# Rust



## Keith (9 Jan 2010)

Not sure if this is the right place so apologies if not.

The wife and I bought mountain bikes last summer as part of our attempt at a healthy lifestyle  and the we used to keep them in our shed.

However, we moved house last September and now don't have a shed.

Can't bring them indoors as they will ruin the carpets etc., so I foolishly left them outdoors.

After a month or so I noticed they had started to attract rust on a couple of bolts (mainly the ones around the handlebars), so I went out and purchased a couple of cycle covers.

Any way, to cut a long story short, the weather was never good for me when I had time and the bikes were always wet when I was ready to cover them so waited for them to dry out - which never happened.

January now and they are frozen under a layer of snow without their covers still.

Can anyone advise if they are likely to be seriously damaged or whether they will be OK with a bit of TLC when it finally thaws and we get a dry day for me to cover them.

Thanks


----------



## longers (9 Jan 2010)

Hi Keith, 

They'll be fine with a bit of TLC. If they've been undercover and not used too much then they won't have seen any of the salt about and most of the corrosion will be cosmetic. 
I'm going to ask in Knowledge about TLC post winter for a steel bike that's been used and abused on salty roads over winter. 

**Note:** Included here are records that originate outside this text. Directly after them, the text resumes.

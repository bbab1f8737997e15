-- ===== src/Prelude/Tables.antt =====
-- Facts about all bytes, by evaluation at each.
use Prim.Native.Nat.{ℕ, zero, suc, ◌<◌}
use mathlib.Core.Path.{◌≡◌}
use mathlib.Core.Bool.{Bool, true, ◌&&◌}
use native.Mathlib.Omega.{arith}

unfoldable pub holds_below : ℕ → (ℕ → Bool) → Bool
holds_below zero test = true
holds_below (suc n) test = test n && holds_below n test

pub holds_below_lem :
    (n : ℕ) (test : ℕ → Bool) → holds_below n test ≡ true → (x : ℕ) → x < n → test x ≡ true
unfolding holds_below
holds_below_lem zero test h x lt = absurd (omega arith)
holds_below_lem (suc n) test h x lt =
    ground (arith, λ (g : holds_below n test ≡ true) (l : x < n). holds_below_lem n test g x l)
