-- ===== src/Discovery/Entries.antt =====
-- internal/discovery/discovery.go: the entries and the budget of one discovery. Byte counts of texts in
-- memory stay far below 2 ^ 63, so their sums do not wrap.
pub mod Budget
use omj_agent.Base.{
  ℕ, suc, ◌+◌, ◌≤◌, ◌<◌, Bool, true, false, not, ◌&&◌, ◌||◌, Option, none, some, List, [], ◌∷◌,
  ◌++◌, length, ltb, leb, ◌==◌, if◌then◌else◌, ℤ, positive_or,
}
use omj_agent.Text.{Text, codes, size, text_eq, is_nil, cut_suffix, has_any}
use omj_agent.Text.Trim.{trim_left, trim_right}
use omj_agent.Text.Split.{fields, cut_last}

pub data ScheduleKind : Type 0 where
  no_kind kind_cron kind_calendar kind_monotonic : ScheduleKind

abbrev pub kind_text : ScheduleKind → Text
kind_text no_kind = []
kind_text kind_cron = codes "cron"
kind_text kind_calendar = codes "calendar"
kind_text kind_monotonic = codes "monotonic"

pub record Entry : Type 0 where
  pub source : Text
  pub raw : Text
  pub schedule : Text
  pub schedule_kind : ScheduleKind
  pub timezone : Text
  pub command : Text
  pub user : Text
  pub unit : Text
  pub is_agent : Bool
  pub unparseable : Bool
  pub note : Text

-- `Entry{}`
unfoldable pub empty_entry : Entry
empty_entry = record {
  source = [];
  raw = [];
  schedule = [];
  schedule_kind = no_kind;
  timezone = [];
  command = [];
  user = [];
  unit = [];
  is_agent = false;
  unparseable = false;
  note = [];
}

pub record Unreadable : Type 0 where
  pub source : Text
  pub reason : Text

pub record Paths : Type 0 where
  pub system_crontab : Text
  pub cron_dir : Text
  pub spool_dirs : List Text

unfoldable pub paths_empty : Paths → Bool
paths_empty p = is_nil p.system_crontab && is_nil p.cron_dir && is_nil p.spool_dirs

-- The part of a `Collector` that holds values.
pub record Limits : Type 0 where
  pub max_entries : ℕ
  pub max_bytes : ℕ

abbrev pub default_max_entries : ℕ
default_max_entries = 500

abbrev pub default_max_bytes : ℕ
default_max_bytes = 524288

abbrev pub entry_overhead : ℕ
entry_overhead = 128

-- `withDefaults` on the two limits, and on the paths.
unfoldable pub with_defaults : ℤ → ℤ → Limits
with_defaults entries bytes = record {
  max_entries = positive_or default_max_entries entries;
  max_bytes = positive_or default_max_bytes bytes;
}

unfoldable pub default_paths : Paths → Paths → Paths
default_paths machine p = if paths_empty p then machine else p

pub record Collection : Type 0 where
  pub limits : Limits
  pub entries : List Entry
  pub unreadable : List Unreadable
  pub bytes : ℕ
  pub omitted : ℕ
  pub spent : Bool

unfoldable pub new_collection : Limits → Collection
new_collection l = record {
  limits = l;
  entries = [];
  unreadable = [];
  bytes = 0;
  omitted = 0;
  spent = false;
}

unfoldable pub entry_size : Entry → ℕ
entry_size e =
    entry_overhead
    + size e.source
    + size e.raw
    + size e.schedule
    + size (kind_text e.schedule_kind)
    + size e.timezone
    + size e.command
    + size e.user
    + size e.unit
    + size e.note

unfoldable pub add : Entry → Collection → Collection
add e c =
    let n = entry_size e in
    if ltb c.limits.max_bytes n
    then record c { omitted = suc c.omitted }
    else if c.spent
        || leb c.limits.max_entries (length c.entries)
        || ltb c.limits.max_bytes (c.bytes + n)
    then record c { spent = true; omitted = suc c.omitted }
    else record c { bytes = c.bytes + n; entries = c.entries ++ e ∷ [] }

unfoldable pub full : Collection → Bool
full c = c.spent || leb c.limits.max_entries (length c.entries)

-- An error of the file system or of a program: whether it is `os.ErrNotExist`, and its text.
pub record SourceError : Type 0 where
  pub absent : Bool
  pub reason : Text

unfoldable pub unreadable_source : Text → SourceError → Collection → Collection
unreadable_source source err c =
    if err.absent
    then c
    else if leb c.limits.max_entries (length c.unreadable)
    then c
    else record c {
      unreadable = c.unreadable ++ record { source = source; reason = err.reason } ∷ [];
    }

abbrev pub agent_binary : Text
agent_binary = codes "omj-agent"

-- `filepath.Ext` cut off: what stands before the last dot of the last path element.
abbrev pub without_ext : Text → Text
without_ext [] = []
without_ext (c ∷ s) =
    let rest = without_ext s in
    if c == b'.' && not (has_any (λ d. d == b'.' || d == b'/') s) then [] else c ∷ rest

-- `filepath.Base` of a text that is not empty.
abbrev after_slash : Text → Text → Text
after_slash word [] = word
after_slash word (c ∷ s) =
    let fresh = after_slash [] s in
    let longer = after_slash (word ++ c ∷ []) s in if c == b'/' then fresh else longer

unfoldable pub file_base : Text → Text
file_base s =
    let stripped = trim_right (λ c. c == b'/') s in
    if is_nil stripped then codes "/" else after_slash [] stripped

abbrev is_quote : ℕ → Bool
is_quote c = c == b'"' || c == b'\''

-- `strings.Trim` of the two quotes.
abbrev pub trim_quotes : Text → Text
trim_quotes s = trim_left is_quote (trim_right is_quote s)

abbrev pub runs_token : Text → Text → Bool
runs_token executable field =
    let token = trim_quotes field in
    not (is_nil token)
    && ((not (is_nil executable) && text_eq token executable)
        || text_eq (file_base token) agent_binary)

abbrev pub any_token : Text → List Text → Bool
any_token executable [] = false
any_token executable (f ∷ fs) = runs_token executable f || any_token executable fs

unfoldable pub runs_agent : Text → Text → Text → Bool
runs_agent command unit executable =
    (not (is_nil unit) && text_eq (without_ext unit) agent_binary)
    || any_token executable (fields command)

What are your bikes made out of framewise?


----------



## Bman (9 Jan 2010)

In short, yes. Its is fixable. Whatever parts that may need to be replaced depends on how badly damaged they are. I would suggest getting them cleaned, dried, re-oiled and put under cover ASAP. That will (as you know) minimise the damage. 

When I kept my old bike outdoors, I would regularly oil the chain etc when it was not in use. Just to minimise the rust on the important parts.


----------



## Keith (10 Jan 2010)

Thanks for the replies.

Frame is aluminium so not worried about that and they haven't been on the road since September so no salt anywhere near them.

It just looks like the odd bolt that is starting to rust and bits around the chain.

Would it be worth putting something like vaseline or WD40 on the affected parts once it dries out? Would that stave off any further damage until spring arrives and I can get them serviced?


----------



## Chris James (10 Jan 2010)

Keith said:


> Thanks for the replies.
> 
> Frame is aluminium so not worried about that and they haven't been on the road since September so no salt anywhere near them.
> 
> ...



Maybe wipe the chain with a rag covered in WD40 and then give it a thick oil. WD40 will work for the screw heads but I wouldn't worry about it too much.


----------



## Keith (10 Jan 2010)

Thanks for that


----------



## Davidc (10 Jan 2010)

Corrosion will be worst where dissimilar metals are in contact e.g. steel and aluminium.

It's a very bad idea to get WD40 anywhere near a chain, or any other moving part. Use a proper lubricant, it will be water repellant without causing damage.

This is about WD40 and chains http://bicycletutor.com/no-wd40-bike-chain/


----------



## atb (12 Jan 2010)

Use very fine 0000 grade wire wool on the nuts and bolts to remove rust spots.


----------



## Keith (12 Jan 2010)

Thanks, when the layer of ice and snow currently covering them both melts and it dries out I will give that a go and hopefully get them finally covered up then as well.


----------



## the_bing (17 Jan 2010)

use the chain lube that i use on my motorbike chain if i'm leaving the bike for any extended period out of doors (which is not often, she lives in the hallway). it's a kind of grease/wax, which is bloody sticky and protective. if i could find the can it comes in, i'd give you the name of it but it's buried somewhere in my workshop.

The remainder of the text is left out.